WHAT TO DO.
Starting with the line containing "labels_of v s = select" and going on through the line containing "item_ids s = map (λ r. r.id) s.items", return the lines of the data below exactly, and only those.

RECORDS PROVIDED Start Marker

-- ===== src/Graphql/Own.antt =====
-- The rows of one user before and after the requests of others.
use mathlib.Core.Path.{subst}
use omnivore_go.Prelude.{
  sym, ap, Text, text_eq, Bool, false, All, List, [], ◌∷◌, map, select, ◌≡◌, ◌⊎◌, refl, ◌∙◌,
  Bool-cases, inl, inr,
}
use omnivore_go.Graphql.Tables.{EntityLabel, Label, Highlight, LibraryItem, Store, has}

module _ {A : Type 0} (p : A → Bool) where
  -- Replacing rows that are not selected by one that is not
  pub select-map :
      (f : A → A)
      → ((x : A) → (f x ≡ x) ⊎ ((p x ≡ false) × (p (f x) ≡ false)))
      → (xs : List A) → select p (map f xs) ≡ select p xs
  select-map f h [] = refl
  select-map f h (x ∷ xs) = elim (h x) [
    | inl e ↦ rw (e, select-map f h xs) refl
    | inr (old, new) ↦ rw (old, new) (select-map f h xs)
  ]

  pub select-select :
      (keep : A → Bool)
      → ((x : A) → keep x ≡ false → p x ≡ false)
      → (xs : List A) → select p (select keep xs) ≡ select p xs
  select-select keep h [] = refl
  select-select keep h (x ∷ xs) = elim (Bool-cases (keep x)) [
    | inl e ↦ rw (e, select-select keep h xs) refl
    | inr e ↦ rw (e, h x e) (select-select keep h xs)
  ]

-- The rows of a user
abbrev pub items_of : Text → Store → List LibraryItem
items_of v s = select (λ r. text_eq r.user_id v) s.items

abbrev pub labels_of : Text → Store → List Label
labels_of v s = select (λ r. text_eq r.user_id v) s.labels

abbrev pub highlights_of : Text → Store → List Highlight
highlights_of v s = select (λ r. text_eq r.user_id v) s.highlights

-- The assignments of labels to the items of a user
abbrev pub assigned_of : Text → Store → List EntityLabel
assigned_of v s = select (λ a. has (λ r. text_eq r.id a.library_item_id) (items_of v s)) s.assigned

-- The user has the same items, labels and highlights, and the same labels at each item.
abbrev pub Same : Text → Store → Store → Type 0
Same v s t =
    (items_of v t ≡ items_of v s)
    × (labels_of v t ≡ labels_of v s)
    × (highlights_of v t ≡ highlights_of v s)
    × (assigned_of v t ≡ assigned_of v s)

Same-trans : (v : Text) (s t u : Store) → Same v s t → Same v t u → Same v s u
Same-trans v s t u (a, b, c, x) (d, e, f, y) = (d ∙ a, e ∙ b, f ∙ c, y ∙ x)

-- The primary key of the items: no id stands twice.
abbrev pub IsKeyed : List Text → Type 0
IsKeyed [] = Unit
IsKeyed (i ∷ is) = All (λ j. text_eq j i ≡ false) is × IsKeyed is

abbrev pub item_ids : Store → List Text
item_ids s = map (λ r. r.id) s.items

-- No item comes or goes, and if their ids are a key, then the user has the same.
abbrev pub Isolated : Text → Store → Store → Type 0
Isolated v s t = (item_ids t ≡ item_ids s) × (IsKeyed (item_ids s) → Same v s t)

pub Isolated-trans : (v : Text) (s t u : Store) → Isolated v s t → Isolated v t u → Isolated v s u
Isolated-trans v s t u (e, h) (f, k) =
    (f ∙ e, λ keyed. Same-trans v s t u (h keyed) (k (subst IsKeyed (sym e) keyed)))

-- A write of a table other than those of the items and of the assignments
pub beside :
    (v : Text) (s t : Store)
    → t.items ≡ s.items
    → t.assigned ≡ s.assigned
    → labels_of v t ≡ labels_of v s
    → highlights_of v t ≡ highlights_of v s
    → Isolated v s t
beside v s t e f g h = (
  ap (map (λ r. r.id)) e,
  λ keyed. (ap (select (λ r. text_eq r.user_id v)) e, g, h, rw (e, f) refl),
)

-- A write of the items of others that keeps the ids
pub rewritten :
    (v : Text) (f : LibraryItem → LibraryItem) (s t : Store)
    → t.items ≡ map f s.items
    → ((r : LibraryItem)
        → (f r ≡ r) ⊎ ((text_eq r.user_id v ≡ false) × (text_eq (f r).user_id v ≡ false)))
    → items_of v t ≡ items_of v s
rewritten v f s t e h =
    ap (select (λ r. text_eq r.user_id v)) e ∙ select-map (λ r. text_eq r.user_id v) f h s.items
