-- ===== src/Graphql/Links.antt =====
-- The labels of the items of one user, when those of another item are replaced.
use mathlib.Core.Bool.{true≢false}
use omnivore_go.Prelude.First.{first}
use omnivore_go.Graphql.Reads.{is_own}
use omnivore_go.Prelude.{
  ◌⊎◌, ap, some, sym, ◌++◌, text_eq_refl, Text, text_eq, text_eq→eq, Bool, false, not, All, List,
  [], ◌∷◌, map, select, ◌≡◌, refl, ◌∙◌, arith, Bool-cases, inl, inr,
}
use omnivore_go.Graphql.Tables.{EntityLabel, assign, reassigned, LibraryItem, Store, has}
use omnivore_go.Graphql.Own.{
  IsKeyed, select-select, Isolated, item_ids, items_of, assigned_of, rewritten,
}

same_ids :
    (f : LibraryItem → LibraryItem)
    → ((r : LibraryItem) → (f r).id ≡ r.id)
    → (rs : List LibraryItem) → map (λ r. r.id) (map f rs) ≡ map (λ r. r.id) rs
same_ids f h [] = refl
same_ids f h (r ∷ rs) = rw (h r, same_ids f h rs) refl

absent :
    (v item : Text) (rs : List LibraryItem)
    → All (λ j. text_eq j item ≡ false) (map (λ r. r.id) rs)
    → has (λ r. text_eq r.id item) (select (λ r. text_eq r.user_id v) rs) ≡ false
unfolding has
absent v item [] h = refl
absent v item (r ∷ rs) (e, h) = elim (Bool-cases (text_eq r.user_id v)) [
  | inl mine ↦ rw mine (rw e (absent v item rs h))
  | inr other ↦ rw other (absent v item rs h)
]

apart_from :
    (u item i : Text) (row : LibraryItem) (rs : List LibraryItem)
    → first (is_own u item) rs ≡ some row
    → All (λ j. text_eq j i ≡ false) (map (λ r. r.id) rs)
    → text_eq i item ≡ false
apart_from u item i row [] e h = absurd (cc)
apart_from u item i row (r ∷ rs) e (d, h) = elim (Bool-cases (is_own u item r)) [
  | inl own ↦
      let same : r.id ≡ item = text_eq→eq r.id item (ground (arith, own)) in
      elim (Bool-cases (text_eq i item)) [
        | inl equal ↦
            let is : i ≡ item = text_eq→eq i item equal in
            let bad : text_eq item item ≡ false = rw (same, is) at d in
            absurd (true≢false (sym (text_eq_refl item) ∙ bad))
        | inr e' ↦ e'
      ]
  | inr other ↦ apart_from u item i row rs (rw other at e) h
]

-- An item of one user is no item of another.
pub not_theirs :
    (v u item : Text) (row : LibraryItem) (rs : List LibraryItem)
    → text_eq u v ≡ false
    → IsKeyed (map (λ r. r.id) rs)
    → first (is_own u item) rs ≡ some row
    → has (λ r. text_eq r.id item) (select (λ r. text_eq r.user_id v) rs) ≡ false
unfolding has
not_theirs v u item row [] other keyed e = refl
not_theirs v u item row (r ∷ rs) other (h, keyed) e = elim (Bool-cases (is_own u item r)) [
  | inl own ↦
      let same : r.id ≡ item = text_eq→eq r.id item (ground (arith, own)) in
      let by : r.user_id ≡ u = text_eq→eq r.user_id u (ground (arith, own)) in
      let dropped : text_eq r.user_id v ≡ false = rw by other in
      let rest : All (λ j. text_eq j item ≡ false) (map (λ x. x.id) rs) = rw same at h in
      rw dropped (absent v item rs rest)
  | inr miss ↦
      let found : first (is_own u item) rs ≡ some row = rw miss at e in
      let ids_differ : text_eq r.id item ≡ false = apart_from u item r.id row rs found h in
      let rest = not_theirs v u item row rs other keyed found in
      elim (Bool-cases (text_eq r.user_id v)) [
        | inl mine ↦ rw mine (rw ids_differ rest)
        | inr e' ↦ rw e' rest
      ]
]

module _ (p : Text → Bool) (item : Text) (foreign : p item ≡ false) where
  select-assign :
      (ids : List Text) (old : List EntityLabel)
      → select (λ a. p a.library_item_id) (assign item ids ++ old)
        ≡ select (λ a. p a.library_item_id) old
  unfolding assign
  select-assign [] old = refl
  select-assign (i ∷ ids) old = rw foreign (select-assign ids old)

  kept_link :
      (a : EntityLabel) → not (text_eq a.library_item_id item) ≡ false → p a.library_item_id ≡ false
  kept_link a gone =
      let same = text_eq→eq a.library_item_id item (ground (arith, gone)) in rw same foreign

  -- The assignments of an item are replaced, and those of the items that are selected stay.
  pub select-reassigned :
      (ids : List Text) (old : List EntityLabel)
      → select (λ a. p a.library_item_id) (reassigned item ids old)
        ≡ select (λ a. p a.library_item_id) old
  unfolding reassigned
  select-reassigned ids old =
      select-assign ids (select (λ a. not (text_eq a.library_item_id item)) old)
      ∙ select-select (λ a. p a.library_item_id) (λ a. not (text_eq a.library_item_id item))
          kept_link old

-- A write of the items of others that keeps their ids, and the labels of all items of the user
pub items_written :
    (v : Text) (f : LibraryItem → LibraryItem) (s t : Store)
    → t.items ≡ map f s.items
    → t.labels ≡ s.labels
    → t.highlights ≡ s.highlights
    → ((r : LibraryItem) → (f r).id ≡ r.id)
    → ((r : LibraryItem)
        → (f r ≡ r) ⊎ ((text_eq r.user_id v ≡ false) × (text_eq (f r).user_id v ≡ false)))
    → (IsKeyed (item_ids s)
        → select (λ a. has (λ r. text_eq r.id a.library_item_id) (items_of v s)) t.assigned
          ≡ assigned_of v s)
    → Isolated v s t
items_written v f s t e l h ids others links = (
  ap (map (λ r. r.id)) e ∙ same_ids f ids s.items,
  λ keyed.
      let is = rewritten v f s t e others in
      (
        is,
        ap (select (λ r. text_eq r.user_id v)) l,
        ap (select (λ r. text_eq r.user_id v)) h,
        ap (λ xs. select (λ a. has (λ r. text_eq r.id a.library_item_id) xs) t.assigned) is
            ∙ links keyed,
      ),
)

RECORDS PROVIDED End Marker

ANSWER AREA.
labels_of v s = select (λ r. text_eq r.user_id v) s.labels

abbrev pub highlights_of : Text → Store → List Highlight
highlights_of v s = select (λ r. text_eq r.user_id v) s.highlights

-- The assignments of labels to the items of a user
abbrev pub assigned_of : Text → Store → List EntityLabel
assigned_of v s = select (λ a. has (λ r. text_eq r.id a.library_item_id) (items_of v s)) s.assigned

-- The user has the same items, labels and highlights, and the same labels at each item.
abbrev pub Same : Text → Store → Store → Type 0
Same v s t =
    (items_of v t ≡ items_of v s)
    × (labels_of v t ≡ labels_of v s)
    × (highlights_of v t ≡ highlights_of v s)
    × (assigned_of v t ≡ assigned_of v s)

Same-trans : (v : Text) (s t u : Store) → Same v s t → Same v t u → Same v s u
Same-trans v s t u (a, b, c, x) (d, e, f, y) = (d ∙ a, e ∙ b, f ∙ c, y ∙ x)

-- The primary key of the items: no id stands twice.
abbrev pub IsKeyed : List Text → Type 0
IsKeyed [] = Unit
IsKeyed (i ∷ is) = All (λ j. text_eq j i ≡ false) is × IsKeyed is

abbrev pub item_ids : Store → List Text
item_ids s = map (λ r. r.id) s.items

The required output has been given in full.